▶ [DATA FOR REVIEW]
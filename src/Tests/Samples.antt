-- ===== src/Tests/Samples.antt =====
-- Concrete runs and tables.
use owlmatic.Prelude.{true, false, none, some, [], ◌∷◌}
use owlmatic.Domain.{Run, State, Outcome, Effects, Purpose, Completion, completed_run, Target}
use owlmatic.Ledger.{Row, Db}

abbrev pub a_target : Target
a_target = record {
  environment = "local";
  workspace = "/w";
  source_revision = none;
  dirty = some false;
}

abbrev pub a_run : Run
a_run = record {
  run_id = "run_1";
  workflow_ref = "team/health@1";
  profile = some "default";
  purpose = Purpose.workflow;
  state = State.running;
  outcome = Outcome.inconclusive;
  effects = Effects.unknown;
  target = a_target;
  started_at = "t0";
  finished_at = none;
  duration_ms = 0;
  evidence_ref = "run_1";
  checks = none;
  outputs = none;
  error = none;
  log_truncated = false;
}

abbrev pub passing : Completion
passing = record {
  state = State.completed;
  outcome = Outcome.pass;
  effects = Effects.completed;
  finished_at = "t1";
  duration_ms = 5;
  checks = some (record { required = 1; passed = 2; failed = 0; skipped = 0 });
  outputs = none;
  error = none;
  log_truncated = false;
}

abbrev pub done_run : Run
done_run = completed_run a_run passing

-- Claimed by a worker at instant 100.
abbrev pub claimed_row : Row
claimed_row = record {
  id = "run_1";
  run = a_run;
  pid = none;
  heartbeat = 100;
  request_id = some "req";
  fingerprint = "f";
  owner = some "alice";
  pending = false;
}

abbrev pub claimed_db : Db
claimed_db = record { rows = claimed_row ∷ []; locks = record { key = "k"; run_id = "run_1" } ∷ [] }

abbrev pub finished_row : Row
finished_row = record claimed_row { run = done_run; heartbeat = 200; owner = none; pending = true }

abbrev pub finished_db : Db
finished_db = record claimed_db { rows = finished_row ∷ [] }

▶ [TASK OBJECTIVE]
Reproduce the data in full, precisely as given.

▶ [EXPECTED ANSWER]
filename src/Tests/Samples.antt
-- ===== src/Tests/Samples.antt =====
-- Concrete runs and tables.
use owlmatic.Prelude.{true, false, none, some, [], ◌∷◌}
use owlmatic.Domain.{Run, State, Outcome, Effects, Purpose, Completion, completed_run, Target}
use owlmatic.Ledger.{Row, Db}

abbrev pub a_target : Target
a_target = record {
  environment = "local";
  workspace = "/w";
  source_revision = none;
  dirty = some false;
}

abbrev pub a_run : Run
a_run = record {
  run_id = "run_1";
  workflow_ref = "team/health@1";
  profile = some "default";
  purpose = Purpose.workflow;
  state = State.running;
  outcome = Outcome.inconclusive;
  effects = Effects.unknown;
  target = a_target;
  started_at = "t0";
  finished_at = none;
  duration_ms = 0;
  evidence_ref = "run_1";
  checks = none;
  outputs = none;
  error = none;
  log_truncated = false;
}

abbrev pub passing : Completion
passing = record {
  state = State.completed;
  outcome = Outcome.pass;
  effects = Effects.completed;
  finished_at = "t1";
  duration_ms = 5;
  checks = some (record { required = 1; passed = 2; failed = 0; skipped = 0 });
  outputs = none;
  error = none;
  log_truncated = false;
}

abbrev pub done_run : Run
done_run = completed_run a_run passing

-- Claimed by a worker at instant 100.
abbrev pub claimed_row : Row
claimed_row = record {
  id = "run_1";
  run = a_run;
  pid = none;
  heartbeat = 100;
  request_id = some "req";
  fingerprint = "f";
  owner = some "alice";
  pending = false;
}

abbrev pub claimed_db : Db
claimed_db = record { rows = claimed_row ∷ []; locks = record { key = "k"; run_id = "run_1" } ∷ [] }

abbrev pub finished_row : Row
finished_row = record claimed_row { run = done_run; heartbeat = 200; owner = none; pending = true }

abbrev pub finished_db : Db
finished_db = record claimed_db { rows = finished_row ∷ [] }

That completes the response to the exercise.